A best case scenario would be importing a multifasta that I can then classify and have the original fasta ID retained on the taxonomy table. Any thoughts?

Hey there @sformel!

How did you import these data? What steps in QIIME 2 did you take prior to de novo clustering? Did you use vsearch dereplicate-sequences? If so, it looks like that replaces feature IDs with hashes of the sequence, and it doesn’t look like we have enabled any functionality to disable that.

Let us know how you processed these files and we can try to provide some more specific feedback - thanks!

Thanks for taking the time to help me! I will request a new feature to turn off replacing the feature IDs with hashes of the sequence, that would be very helpful for what I’m trying to do.

I did use vsearch dereplicate-sequences to dereplicate my sequences after using qiime tools import to import the original multifasta.

If I don’t go through the denovo OTU picking step, I get a memory error during taxonomy classification. I’m using the SILVA classifier with sklearn. This is a little strange because I only have ~ 400 sequences and 64Gb of RAM. However, when I go through the OTU picking step, it works without problem.

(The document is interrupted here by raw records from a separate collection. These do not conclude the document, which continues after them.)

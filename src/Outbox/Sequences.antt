-- ===== src/Outbox/Sequences.antt =====
-- The numbers that a partition is given, and its token.
use elmybot.Base.{
  ℕ, suc, ◌≤◌, ◌<◌, ◌≡◌, refl, sym, ap, ◌∙◌, subst, String, inl, inr, Bool, true, not, ◌&&◌, List,
  [], ◌∷◌, none, some, is_some, ok, ◌>>◌, throw_if, arith, length, ltb, leb, bind-ok, ok-value,
  Bool-cases, Option-cases, Result-cases, text_eq, text_eq_refl, text_eq→≡, first_some, ◌≢◌,
}
use elmybot.Sql.{find, has_key, upsert, any_row, first-upsert, find-update_other, find-append}
use elmybot.Outbox.Types.{
  Partition, Outbox, Correlation, rate_limited, partition_capacity, sequence_exhausted,
}
use elmybot.Outbox.Admission.{
  allocate_sequence, enqueue, record_sequence, stored_sequence, partition_key, recent_admissions,
  admissions_per_second, max_partitions, max_safe_integer,
}
use elmybot.Outbox.Runs.{Request, allocates, enqueues, perform, perform_all}
use elmybot.Outbox.Partitions.{enqueue-partitions}

-- The partition has been given `n`, under a token.
Given : String → String → ℕ → Outbox → Type 0
Given feature token n s =
    (p : Partition) × (find partition_key feature s.partitions ≡ some p)
    × (p.scope_token ≡ token)
    × (n ≤ p.operation_sequence)

-- What the partition holds after a number is recorded.
recorded :
    (feature token : String) (sequence now : ℕ) (known : Bool) (s : Outbox)
    → find partition_key feature (record_sequence feature token sequence now known s).partitions
      ≡ some (elim (find partition_key feature s.partitions) [
        | none ↦ record {
          partition_key = feature;
          scope_token = token;
          operation_sequence = sequence;
        }
        | some p ↦ record p { operation_sequence = sequence }
      ])
unfolding record_sequence find
recorded feature token sequence now known s =
    first-upsert (has_key partition_key feature) (λ p. record p { operation_sequence = sequence })
      (λ p. refl)
      (record { partition_key = feature; scope_token = token; operation_sequence = sequence })
      s.partitions (text_eq_refl feature)

-- The numbers of the other partitions do not change.
kept :
    (feature other token : String) (sequence now : ℕ) (known : Bool) (s : Outbox) (p : Partition)
    → feature ≢ other
    → find partition_key feature s.partitions ≡ some p
    → find partition_key feature (record_sequence other token sequence now known s).partitions
      ≡ some p
unfolding record_sequence upsert
kept feature other token sequence now known s p ne e =
    let new : Partition = record {
      partition_key = other;
      scope_token = token;
      operation_sequence = sequence;
    } in
    elim (Bool-cases (any_row (has_key partition_key other) s.partitions)) [
      | inl row ↦ rw row (
          find-update_other partition_key (λ q. record q { operation_sequence = sequence })
            (λ q. refl) feature other s.partitions ne
          ∙ e)
      | inr no_row ↦ rw no_row (
          find-append partition_key feature s.partitions (new ∷ [])
          ∙ ap (λ o. first_some o (find partition_key feature (new ∷ []))) e)
    ]

-- What an allocation answers and writes.
allocated :
    (feature candidate : String) (now : ℕ) (s : Outbox) (c : Correlation) (s' : Outbox)
    → allocate_sequence feature candidate now s ≡ ok (c, s')
    → (c.operation_sequence ≡ suc (stored_sequence feature s.partitions))
      × (c.scope_token ≡ elim (find partition_key feature s.partitions) [
        | none ↦ candidate
        | some p ↦ p.scope_token
      ])
      × (record_sequence feature c.scope_token c.operation_sequence now
            (is_some (find partition_key feature s.partitions))
            s
          ≡ s')
unfolding allocate_sequence
allocated feature candidate now s c s' h =
    let (_, _, h) =
      bind-ok
        (throw_if (leb admissions_per_second (length (recent_admissions now s.budget.rate)))
            rate_limited
          >> throw_if
              (not (is_some (find partition_key feature s.partitions))
                && leb max_partitions s.budget.partitions)
              partition_capacity
          >> throw_if (ltb max_safe_integer (suc (stored_sequence feature s.partitions)))
              sequence_exhausted)
        _ (c, s') h in
    let same = ok-value h in
    (
      ap (λ (k : Correlation × Outbox). k.0.operation_sequence) (sym same),
      ap (λ (k : Correlation × Outbox). k.0.scope_token) (sym same),
      subst
          (λ (k : Correlation × Outbox).
            record_sequence feature k.0.scope_token k.0.operation_sequence now
              (is_some (find partition_key feature s.partitions)) s
            ≡ k.1)
          same refl,
    )

stored :
    (feature : String) (s : Outbox) (p : Partition)
    → find partition_key feature s.partitions ≡ some p
    → stored_sequence feature s.partitions ≡ p.operation_sequence
unfolding stored_sequence
stored feature s p e = rw (stored_sequence, e) refl

-- An allocation for a partition that has been given `n` gives a later number, under its token.
allocated-later :
    (feature candidate token : String) (now n : ℕ) (s : Outbox) (c : Correlation) (s' : Outbox)
    → Given feature token n s
    → allocate_sequence feature candidate now s ≡ ok (c, s')
    → (n < c.operation_sequence) × (c.scope_token ≡ token)
unfolding Given
allocated-later feature candidate token now n s c s' (p, e, owner, old) h =
    let (next, holds, _) = allocated feature candidate now s c s' h in
    let held : c.scope_token ≡ p.scope_token = rw e at holds in
    (omega (arith, next, stored feature s p e, old), held ∙ owner)

-- What an allocation answers is what its partition holds afterwards.
allocated-Given :
    (feature candidate : String) (now : ℕ) (s : Outbox) (c : Correlation) (s' : Outbox)
    → allocate_sequence feature candidate now s ≡ ok (c, s')
    → Given feature c.scope_token c.operation_sequence s'
unfolding Given
allocated-Given feature candidate now s c s' h =
    let (next, holds, same) = allocated feature candidate now s c s' h in
    let after =
      recorded feature c.scope_token c.operation_sequence now
        (is_some (find partition_key feature s.partitions)) s in
    subst (Given feature c.scope_token c.operation_sequence) same
      (elim (Option-cases (find partition_key feature s.partitions)) [
        | inl miss ↦ (
          record {
            partition_key = feature;
            scope_token = c.scope_token;
            operation_sequence = c.operation_sequence;
          },
          after ∙ ap some (rw miss),
          refl,
          omega arith,
        )
        | inr (p, hit) ↦ (
          record p { operation_sequence = c.operation_sequence },
          after ∙ ap some (rw hit),
          sym (rw hit at holds),
          omega arith,
        )
      ])

allocate_again :
    (feature candidate token : String) (now n : ℕ) (s : Outbox) (c : Correlation) (s' : Outbox)
    → Given feature token n s
    → allocate_sequence feature candidate now s ≡ ok (c, s')
    → Given feature token n s'
unfolding Given
allocate_again feature candidate token now n s c s' g h =
    let (p, e, owner, recent) = allocated-Given feature candidate now s c s' h in
    let (later, held) = allocated-later feature candidate token now n s c s' g h in
    (p, e, owner ∙ held, omega (arith, recent, later))

allocate_other :
    (feature other candidate token : String) (now n : ℕ) (s : Outbox) (c : Correlation)
    (s' : Outbox)
    → feature ≢ other
    → Given feature token n s
    → allocate_sequence other candidate now s ≡ ok (c, s')
    → Given feature token n s'
unfolding Given
allocate_other feature other candidate token now n s c s' ne (p, e, owner, old) h =
    let (_, _, written) = allocated other candidate now s c s' h in
    subst (Given feature token n) written
      (p, kept feature other c.scope_token c.operation_sequence now _ s p ne e, owner, old)

allocate-Given :
    (feature other candidate token : String) (now n : ℕ) (s : Outbox) (c : Correlation)
    (s' : Outbox)
    → Given feature token n s
    → allocate_sequence other candidate now s ≡ ok (c, s')
    → Given feature token n s'
allocate-Given feature other candidate token now n s c s' g h =
    elim (Bool-cases (text_eq feature other)) [
      | inl same ↦
          let eq = text_eq→≡ feature other same in
          subst (λ f. Given f token n s') (sym eq)
            (allocate_again other candidate token now n s c s' (subst (λ f. Given f token n s) eq g)
              h)
      | inr apart ↦
          allocate_other feature other candidate token now n s c s'
            (λ eq.
              absurd (cc (subst (λ k. text_eq feature k ≡ true) eq (text_eq_refl feature), apart)))
            g h
    ]

perform-Given :
    (feature token : String) (n : ℕ) (request : Request) (s : Outbox)
    → Given feature token n s
    → Given feature token n (perform request s)
unfolding perform Given
perform-Given feature token n (enqueues intent) s (p, e, owner, old) =
    elim (Result-cases (enqueue intent s)) [
      | inl (_, failed) ↦ rw (failed, perform) (p, e, owner, old)
      | inr (s', done) ↦
          rw (done, perform)
            (
              p,
              ap (find partition_key feature) (enqueue-partitions intent s s' done) ∙ e,
              owner,
              old,
            )
    ]
perform-Given feature token n (allocates other candidate now) s g =
    elim (Result-cases (allocate_sequence other candidate now s)) [
      | inl (_, failed) ↦ rw (failed, perform) g
      | inr ((c, s'), done) ↦
          rw (done, perform) (allocate-Given feature other candidate token now n s c s' g done)
    ]

perform_all-Given :
    (feature token : String) (n : ℕ) (requests : List Request) (s : Outbox)
    → Given feature token n s
    → Given feature token n (perform_all requests s)
unfolding perform_all
perform_all-Given feature token n [] s g = g
perform_all-Given feature token n (request ∷ requests) s g =
    perform_all-Given feature token n requests (perform request s)
      (perform-Given feature token n request s g)

-- Where a partition is given a number and later, after any admissions, another one, the second
-- number is greater and comes with the same token, whatever candidate is offered.
pub allocate_sequence-later :
    (feature candidate candidate' : String) (now now' : ℕ) (requests : List Request)
    (s s1 s2 : Outbox) (c c' : Correlation)
    → allocate_sequence feature candidate now s ≡ ok (c, s1)
    → allocate_sequence feature candidate' now' (perform_all requests s1) ≡ ok (c', s2)
    → (c.operation_sequence < c'.operation_sequence) × (c'.scope_token ≡ c.scope_token)
allocate_sequence-later feature candidate candidate' now now' requests s s1 s2 c c' h k =
    allocated-later feature candidate' c.scope_token now' c.operation_sequence
      (perform_all requests s1) c' s2
      (perform_all-Given feature c.scope_token c.operation_sequence requests s1
        (allocated-Given feature candidate now s c s1 h))
      k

After unzipping the artifact that results from dereplication, I noticed that each fasta sequence has been broken into lines of 80 characters each. The original file was unchanged after being imported (804 lines, which makes sense) the new one after dereplication is 6177. Could this be causing problems?

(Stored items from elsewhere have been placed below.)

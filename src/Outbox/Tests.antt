-- ===== src/Outbox/Tests.antt =====
-- Admissions to an outbox, and the theorems at concrete inputs.
use elmybot.Base.{◌≡◌, ◌<◌, refl, List, [], ◌∷◌, none, err, String, ℕ, length}
use elmybot.Outbox.Types.{Intent, Outbox, Correlation, new_outbox, duplicate_operation}
use elmybot.Outbox.Admission.{enqueue}
use elmybot.Outbox.Accounts.{IsAccounted}
use elmybot.Outbox.Runs.{
  Request, allocates, enqueues, perform, perform_all, perform_all-IsAccounted,
}
use elmybot.Outbox.Sequences.{allocate_sequence-later}

abbrev vote : String → ℕ → Intent
vote operation sequence = record {
  operation_id = operation;
  partition_key = none;
  feature_id = "polls";
  operation_sequence = sequence;
  expires_at_ms = 90_000;
  committed_at_ms = 1000;
  stream_route_id = "votes";
  json = "{}";
  json_bytes = 2;
}

-- The second intent wakes the first, the third has the number of an operation that is there.
abbrev requests : List Request
requests =
    allocates "polls" "t" 1000
    ∷ enqueues (vote "a" 1)
    ∷ allocates "polls" "u" 1001
    ∷ enqueues (vote "b" 2)
    ∷ enqueues (vote "a" 3)
    ∷ []

abbrev after : Outbox
after = perform_all requests new_outbox

after_test : (length after.rows ≡ 2) × (after.budget.bytes ≡ 4) × (after.schedule.turn ≡ 2)
unfolding perform_all
after_test = (refl, refl, refl)

duplicate_test : enqueue (vote "a" 3) after ≡ err duplicate_operation
unfolding enqueue perform_all
duplicate_test = refl

perform_all-IsAccounted_example : IsAccounted (perform_all requests new_outbox)
perform_all-IsAccounted_example = perform_all-IsAccounted requests

-- A number for the same partition, with the token of the first one.
abbrev numbered : ℕ → Correlation
numbered n = record { version = 1; scope_token = "t"; operation_sequence = n }

abbrev first_state : Outbox
first_state = perform (allocates "polls" "t" 1000) new_outbox

abbrev last_requests : List Request
last_requests = enqueues (vote "a" 1) ∷ allocates "quiz" "q" 1000 ∷ []

abbrev last_state : Outbox
last_state = perform (allocates "polls" "u" 1001) (perform_all last_requests first_state)

allocate_sequence-later_example : (1 < 2) × ((numbered 2).scope_token ≡ (numbered 1).scope_token)
unfolding perform_all
allocate_sequence-later_example =
    allocate_sequence-later "polls" "t" "u" 1000 1001 last_requests new_outbox first_state
      last_state (numbered 1) (numbered 2) refl refl
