-- ===== src/Publications.antt =====
-- durable-events/source-ledger.js in src: the ledger of the events that a source publishes, which
-- gives each event one outcome.
pub mod Types
pub mod Ledger
pub mod View
pub mod Refinement
pub mod Reports
pub mod Admissions
pub mod Outcomes
pub mod Capacity
pub mod Limits
mod Tests
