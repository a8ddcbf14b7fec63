-- ===== src/Publications/Types.antt =====
-- Publications, the requests of the ledger and its answers.
use elmybot.Base.{ℕ, String, Bool, Option}

-- `DURABLE_EVENT_CODES`
pub data Code : Type 0 where
  consumer_unavailable stream_full gap_requires_reset transition payload_invalid : Code
  source_conflict service_unavailable : Code

pub record LedgerError : Type 0 where
  pub code : Code
  pub status : ℕ

pub data PublicationState : Type 0 where
  pending committed rejected : PublicationState

-- `durable_event_publications`
pub record Publication : Type 0 where
  pub event_id : String
  pub fingerprint : String
  pub feature_id : String
  pub stream_id : String
  pub stream_version : ℕ
  pub route_id : String
  pub binding_revision : ℕ
  pub route_json : String
  pub state : PublicationState
  pub pending_payload : Option String
  pub pending_payload_bytes : ℕ
  pub sequence : Option ℕ
  pub accepted_at_ms : Option ℕ
  pub rejection_code : Option Code
  pub created_at_ms : ℕ
  pub updated_at_ms : ℕ
  pub expires_at_ms : ℕ

-- What `publicRow` shows of a publication; a route by its JSON text.
pub data Answer : Type 0 where
  is_committed : ℕ → ℕ → Answer
  is_rejected : Option Code → Answer
  is_pending : String → Answer

-- A field is `none` where it is missing or has another type than the one wanted; a number is one
-- only if it is a safe integer that is not negative.
pub record Route : Type 0 where
  pub route_id : Option String
  pub binding_revision : Option ℕ
  pub has_descriptor : Bool
  pub json : String

pub record PrepareInput : Type 0 where
  pub event_id : Option String
  pub fingerprint : Option String
  pub feature_id : Option String
  pub stream_id : Option String
  pub version : Option ℕ
  pub route : Route
  pub payload : Option String

pub record FinalizeInput : Type 0 where
  pub event_id : Option String
  pub fingerprint : Option String
  pub state : Option PublicationState
  pub sequence : Option ℕ
  pub accepted_at_ms : Option ℕ
  pub code : Option Code

pub record RepinInput : Type 0 where
  pub event_id : Option String
  pub fingerprint : Option String
  pub previous_route_id : Option String
  pub route : Route

-- The regular expressions of the ledger.
pub record Patterns : Type 0 where
  pub is_event_id : String → Bool
  pub is_route_id : String → Bool
  pub is_fingerprint : String → Bool
  pub is_safe_id : String → Bool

I was trying to not overwhelm you with error logs or excessive information, but please let me know if there is anything I can give you that would clarify what I’m seeing.

Sorry, one other piece of information that might be useful. When I try to classify taxonomy with my multifasta after importing it with with qiime tools, I get the error:

Plugin error from feature-classifier: Argument to parameter 'reads' is not a subtype of FeatureData[Sequence]

I couldn’t figure out what piece of information was missing so I moved onto the dereplication and clustering steps to see what else I could come up with. If I could use this original fasta as the input for classification, and avoid dereplication/otu picking, that would be ideal.

The memory issues are more likely related to the size of SILVA, rather than the size of your sequences. Several discussions and strategies can be found here:

Oh bummer. I don't think this is related to the memory issues. @colinbrislawn just reminded me that we have an open issue for this: Set –fasta_width 0 on relevant actions · Issue #48 · qiime2/q2-vsearch · GitHub, in case you are curious.

That file was probably imported as type SampleData[Sequences], which is correct for what these data represent. Taxonomic classification needs to operate on FeatureData[Sequence], which is the same "kind" of data (FASTA of sequences), but represents a different axis of the equation (samples instead of features). This is where semantic types really help guide you to the right "next step" with your analysis! In your case, dereplication was the right choice, since it yielded FeatureTable[Frequency] and FeatureData[Sequence] artifacts for you.

Keep us posted! :qiime2: :t_rex:

Thanks again for the thoughtful and quick responses. I’ll see what kind of progress I can make and send an update in the next few weeks.


This topic was automatically closed 31 days after the last reply. New replies are no longer allowed.